Recently, research has shown that measurements of BMD, lean mass, and fat mass in the mid-thigh region using DXA technology or other techniques – such as CT and MR scanning are moderate to very highly correlated with the hip, spine, and forearm BMD, appendicular lean mass and total/android/gynoid fat mass. In addition, the tissue masses in the mid-thigh region are generally a potential predictor of muscle function, strength, balance, falls, and fractures . Mid-thigh contains most of the major muscles responsible for weight-bearing with relatively less connective tissue (tendons and ligaments). Also, mid-thigh is at or close to the femur’s center of bending (bone is preserved maximally due to Wolff’s law), and largely overlaps with gynoid fat ( Fig. 1 ). The above makes the mid-thigh almost ideal for lean and fat mass assessment by DXA.




Fig. 1


A whole-body DXA scan of an older healthy man (age ~ 80) and his hip, spine, and forearm scans (top) vs an older woman (age ~ 80) suffering from low bone mass, low muscle mass (bottom). Dense bone is highlighted in whole-body scans as turquoise green/blue (a), and low density is navy/royal blue (b). Muscle and fat have been highlighted as red (c) and yellow (d), respectively.

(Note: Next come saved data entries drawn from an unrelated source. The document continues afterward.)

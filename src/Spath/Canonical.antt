-- ===== src/Spath/Canonical.antt =====
-- Canonical paths, which print and parse back.
pub mod Tokens
pub mod RoundTrip
use stratodb.Base.{
  ℕ, zero, suc, ◌+◌, ◌-◌, ◌≤◌, ◌<◌, ◌^◌, ◌≡◌, ◌≢◌, refl, sym, ap, ◌∙◌, List, [], ◌∷◌, ◌++◌,
  append_assoc, append-nil, true, false, some, none, Text, text_eq, text_eq_sound, find, contains,
  split, find-append, find_absent, contains-append, split_absent, split-append, parse_u64, show_u64,
  parse_u64-show, show_u64-lacks, length, length-append, take, drop, take-append, drop-append, All,
  All-append, arith, inl, inr, map, Bool-cases,
}
use native.Mathlib.Numerals.{add-one}
use stratodb.Error.{Segment, SPath, name, index, ok}
use stratodb.Spath.{dot, dot_dot}
use stratodb.Spath.Parse.{
  validate_name, parse_indices, parse_front, parse_token, parse_tokens, parse,
}
use stratodb.Spath.Display.{bracketed, show_from, show}

-- A name that a path text can hold, and an index that fits in 64 bits.
pub record IsName (n : Text) : Type 0 where
  pub filled : n ≢ []
  pub no_slash : contains b'/' n ≡ false
  pub no_open : contains b'[' n ≡ false
  pub no_close : contains b']' n ≡ false
  pub no_dot : text_eq n dot ≡ false
  pub no_dot_dot : text_eq n dot_dot ≡ false

abbrev pub IsSegment : Segment → Type 0
IsSegment (name n) = IsName n
IsSegment (index i) = i < 2 ^ 64

abbrev pub IsCanonical : SPath → Type 0
IsCanonical p = All IsSegment p.segments
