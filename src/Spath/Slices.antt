-- ===== src/Spath/Slices.antt =====
-- The slices of a text in crates/stratodb/src/path/functions.rs that are in range.
use stratodb.Base.{
  ℕ, suc, ◌-◌, ◌≤◌, ◌<◌, ◌≡◌, refl, ◌∷◌, true, false, leb, find, find-lt, none, some, some-inj,
  Option-cases, inl, inr, Text, length, take, drop, ◌==◌, arith,
}
use stratodb.Error.{ok}
use stratodb.Spath.Parse.{slice, slice_from}

pub slice_front : (s : Text) (to : ℕ) → to ≤ length s → slice s 0 to ≡ ok (take to s)
unfolding slice
slice_front s to h =
    let low : leb 0 to ≡ true = ground arith in
    let high : leb to (length s) ≡ true = ground (arith, h) in
    let whole : to - 0 ≡ to = omega arith in rw (low, high, whole) refl

pub slice_behind :
    (c : ℕ) (cs : Text) (to : ℕ)
    → 1 ≤ to
    → to ≤ length (c ∷ cs)
    → slice (c ∷ cs) 1 to ≡ ok (take (to - 1) cs)
unfolding slice
slice_behind c cs to h k =
    let low : leb 1 to ≡ true = ground (arith, h) in
    let high : leb to (length (c ∷ cs)) ≡ true = ground (arith, k) in rw (low, high) refl

pub slice_from_lem : (s : Text) (from : ℕ) → from ≤ length s → slice_from s from ≡ ok (drop from s)
unfolding slice_from
slice_from_lem s from h = let low : leb from (length s) ≡ true = ground (arith, h) in rw low refl

-- A closing bracket stands behind the opening one.
pub close_behind :
    (c : ℕ) (cs : Text) (close : ℕ)
    → (c == b'[') ≡ true
    → find b']' (c ∷ cs) ≡ some close
    → (1 ≤ close) × (close < length (c ∷ cs))
unfolding find
close_behind c cs close opened found = (behind, find-lt b']' (c ∷ cs) close found)
  where
    opening : (c == b']') ≡ false
    opening = ground arith

    behind : 1 ≤ close
    behind = elim (Option-cases (find b']' cs)) [
      | inl nothing ↦ let failed : none ≡ some close = rw (opening, nothing) at found in cc
      | inr (j, there) ↦
          let next : some (suc j) ≡ some close = rw (opening, there) at found in
          rw (← some-inj next) (omega arith)
    ]
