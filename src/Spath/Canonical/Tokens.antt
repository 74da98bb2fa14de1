-- ===== src/Spath/Canonical/Tokens.antt =====
-- Tokens of a path text: a base, a name or nothing, with indices behind it.
use stratodb.Base.{
  ℕ, zero, suc, ◌+◌, ◌-◌, ◌≤◌, ◌<◌, ◌^◌, ◌≡◌, ◌≢◌, refl, sym, ap, ◌∙◌, List, [], ◌∷◌, ◌++◌,
  append_assoc, append-nil, false, some, none, Text, find, contains, find-append, find_absent,
  parse_u64, show_u64, parse_u64-show, show_u64-lacks, length, length-append, drop, take-append,
  drop-append, All, arith, inr, map,
}
use native.Mathlib.Numerals.{add-one}
use stratodb.Error.{Segment, name, index, SdbResult, ok, err, invalid_path, ◌>>=◌}
use stratodb.Spath.Slices.{slice_front, slice_behind, slice_from_lem}
use stratodb.Spath.Parse.{slice, slice_from, validate_name, parse_indices, parse_front, parse_token}
use stratodb.Spath.Display.{bracketed}
use stratodb.Spath.Canonical.{IsName}

-- A token is a base, a name or nothing, with indices behind it.
abbrev pub IsBase : Text → Type 0
IsBase [] = Unit
IsBase (c ∷ cs) = IsName (c ∷ cs)

abbrev pub base_segments : Text → List Segment
base_segments [] = []
base_segments (c ∷ cs) = name (c ∷ cs) ∷ []

abbrev pub brackets : List ℕ → Text
brackets [] = []
brackets (i ∷ is) = bracketed i ++ brackets is

abbrev pub AreIndices : List ℕ → Type 0
AreIndices is = All (λ i. i < 2 ^ 64) is

validate_name_lem : (n : Text) → IsName n → validate_name n ≡ ok tt
unfolding validate_name
validate_name_lem n h = rw (h.no_slash, h.no_open, h.no_close, h.no_dot, h.no_dot_dot) refl

parse_front_lem :
    (base : Text) (out : List Segment)
    → IsBase base
    → parse_front base out ≡ ok (out ++ base_segments base)
unfolding parse_front
parse_front_lem [] out h = ap ok (sym (append-nil out))
parse_front_lem (c ∷ cs) out h = rw (validate_name_lem (c ∷ cs) h)

drop_past : (c : ℕ) (x y : Text) → drop (length x + 1) (x ++ c ∷ y) ≡ y
drop_past c x y = rw add-one (past x)
  where
    past : (x : Text) → drop (suc (length x)) (x ++ c ∷ y) ≡ y
    past [] = refl
    past (b ∷ x) = past x

-- A digit string that was parsed, and the slice behind it.
digits_round :
    (fuel : ℕ) (cs : Text) (out : List Segment) (close i : ℕ) (digits rest : Text)
    → parse_u64 digits ≡ some i
    → slice_from (b'[' ∷ cs) (close + 1) ≡ ok rest
    → (elim (parse_u64 digits) as (λ x. SdbResult (List Segment)) [
      | none ↦ err invalid_path
      | some i ↦ slice_from (b'[' ∷ cs) (close + 1) >>= λ rest.
          parse_indices fuel rest (out ++ index i ∷ [])
    ])
      ≡ parse_indices fuel rest (out ++ index i ∷ [])
digits_round fuel cs out close i digits rest g h = rw (g, h) refl

-- One round of the loop, from what its calls return.
parse_indices_round :
    (fuel : ℕ) (cs : Text) (out : List Segment) (close i : ℕ) (digits rest : Text)
    → find b']' (b'[' ∷ cs) ≡ some close
    → slice (b'[' ∷ cs) 1 close ≡ ok digits
    → parse_u64 digits ≡ some i
    → slice_from (b'[' ∷ cs) (close + 1) ≡ ok rest
    → parse_indices (suc fuel) (b'[' ∷ cs) out ≡ parse_indices fuel rest (out ++ index i ∷ [])
unfolding parse_indices
parse_indices_round fuel cs out close i digits rest f d g h =
    rw (f, d) (digits_round fuel cs out close i digits rest g h)

parse_indices_step :
    (fuel i : ℕ) (rest : Text) (out : List Segment)
    → i < 2 ^ 64
    → parse_indices (suc fuel) (bracketed i ++ rest) out
      ≡ parse_indices fuel rest (out ++ index i ∷ [])
parse_indices_step fuel i rest out h =
    let d = show_u64 i in
    let opened = b'[' ∷ d in
    let absent : contains b']' opened ≡ false =
      unfold contains in show_u64-lacks i b']' (inr (omega arith)) in
    let shape = append_assoc d (b']' ∷ []) rest in
    let after : List ℕ = d ++ b']' ∷ rest in
    let size : length (b'[' ∷ after) ≡ length opened + suc (length rest) =
      length-append opened (b']' ∷ rest) in
    let digits : length opened - 1 ≡ length d = omega arith in
    parse_indices_round fuel _ out (length opened) i d rest
      (rw shape (find-append b']' opened rest absent))
      (rw shape (
        rw
          (
            slice_behind b'[' after (length opened) (omega arith) (omega arith),
            digits,
            take-append d (b']' ∷ rest),
          )
          refl))
      (parse_u64-show i h)
      (rw shape (
        rw
          (
            slice_from_lem (b'[' ∷ after) (length opened + 1) (omega arith),
            drop_past b']' opened rest,
          )
          refl))

pub brackets-append : (is js : List ℕ) → brackets (is ++ js) ≡ brackets is ++ brackets js
brackets-append [] js = refl
brackets-append (i ∷ is) js =
    ap (λ t. bracketed i ++ t) (brackets-append is js)
    ∙ sym (append_assoc (bracketed i) (brackets is) (brackets js))

parse_indices-brackets :
    (is : List ℕ) (fuel : ℕ) (out : List Segment)
    → AreIndices is
    → length is ≤ fuel
    → parse_indices fuel (brackets is) out ≡ ok (out ++ map index is)
parse_indices-brackets [] fuel out h k = unfold parse_indices in ap ok (sym (append-nil out))
parse_indices-brackets (i ∷ is) zero out h k = absurd (omega arith)
parse_indices-brackets (i ∷ is) (suc fuel) out (h, hs) k =
    parse_indices_step fuel i (brackets is) out h
    ∙ parse_indices-brackets is fuel (out ++ index i ∷ []) hs (omega arith)
    ∙ ap ok (append_assoc out (index i ∷ []) (map index is))

length-brackets : (is : List ℕ) → length is ≤ length (brackets is)
length-brackets [] = omega arith
length-brackets (i ∷ is) =
    omega (arith, length-brackets is, length-append (bracketed i) (brackets is))

IsBase-lacks_open : (base : Text) → IsBase base → contains b'[' base ≡ false
IsBase-lacks_open [] h = unfold contains in refl
IsBase-lacks_open (c ∷ cs) h = h.no_open

-- A token that is not empty.
pub record IsToken (base : Text) (is : List ℕ) : Type 0 where
  pub base_ok : IsBase base
  pub indices_ok : AreIndices is
  pub filled : base ++ brackets is ≢ []

parse_token_plain :
    (token : Text) (out : List Segment)
    → find b'[' token ≡ none
    → validate_name token ≡ ok tt
    → parse_token token out ≡ ok (out ++ name token ∷ [])
unfolding parse_token
parse_token_plain token out f h = rw (f, parse_token) (rw h refl)

parse_token_indexed :
    (base rest : Text) (out front segs : List Segment)
    → contains b'[' base ≡ false
    → parse_front base out ≡ ok front
    → parse_indices (length (b'[' ∷ rest)) (b'[' ∷ rest) front ≡ ok segs
    → parse_token (base ++ b'[' ∷ rest) out ≡ ok segs
unfolding parse_token
parse_token_indexed base rest out front segs absent f h =
    let token : List ℕ = base ++ b'[' ∷ rest in
    let size : length token ≡ length base + length (b'[' ∷ rest) =
      length-append base (b'[' ∷ rest) in
    rw
      (
        find-append b'[' base rest absent,
        parse_token,
        slice_front token (length base) (omega arith),
        take-append base (b'[' ∷ rest),
        f,
        slice_from_lem token (length base) (omega arith),
        drop-append base (b'[' ∷ rest),
      )
      h

pub parse_token_lem :
    (base : Text) (is : List ℕ) (out : List Segment)
    → IsToken base is
    → parse_token (base ++ brackets is) out ≡ ok (out ++ (base_segments base ++ map index is))
parse_token_lem [] [] out h = absurd (h.filled refl)
parse_token_lem (c ∷ cs) [] out h =
    let n = c ∷ cs in
    rw (append-nil n) (
      parse_token_plain n out (find_absent b'[' n h.base_ok.no_open)
        (validate_name_lem n h.base_ok))
parse_token_lem base (i ∷ is) out h =
    let front = out ++ base_segments base in
    parse_token_indexed base _ out front _ (IsBase-lacks_open base h.base_ok)
      (parse_front_lem base out h.base_ok)
      (parse_indices-brackets (i ∷ is) _ front h.indices_ok (length-brackets (i ∷ is))
        ∙ ap ok (append_assoc out (base_segments base) (map index (i ∷ is))))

Three-dimensional imaging techniques


X-ray based imaging


X-ray-based imaging modalities, like computed tomography (CT), rely on X-ray beam attenuation while crossing various tissues—the same principle that drives the DXA technology. Despite the good sensitivity and specificity for BMD and acceptable precision in assessing muscle mass, several major factors have limited the general application of the technique as a clinical diagnostic tool for osteoporosis and sarcopenia: high radiation dose per scan, low resolution, and the price and consequently the availability of the technique . Nevertheless, it has commonly been used to measure bone and muscle volumes for research purposes . Single slice cross-sectional CT at the lumbar spine level to estimate whole-body lean tissue and skeletal muscle and sarcopenia has been suggested . Fig. 2 displays a CT image of healthy and osteosarcopenic subjects that have been scanned by clinical CT-Scanner and axial images segmented to display muscle, bone, intramuscular fat, marrow adipose tissue, and hematopoietic marrow. Differentiating tissues with similar X-ray attenuation coefficients is a major limitation of X-ray based techniques. Considering the roles of ectopic fat infiltration into the muscle and bone that possibly drives the decline of bone and muscle with aging , one expects a reliable quantification of the infiltrating ectopic fat in tissues. However, differentiating marrow adipose tissue from hematopoietic tissue is still a challenge. Albeit, with sensitive image analysis technique, this issue can be addressed to a great extent ( Fig. 2 ) .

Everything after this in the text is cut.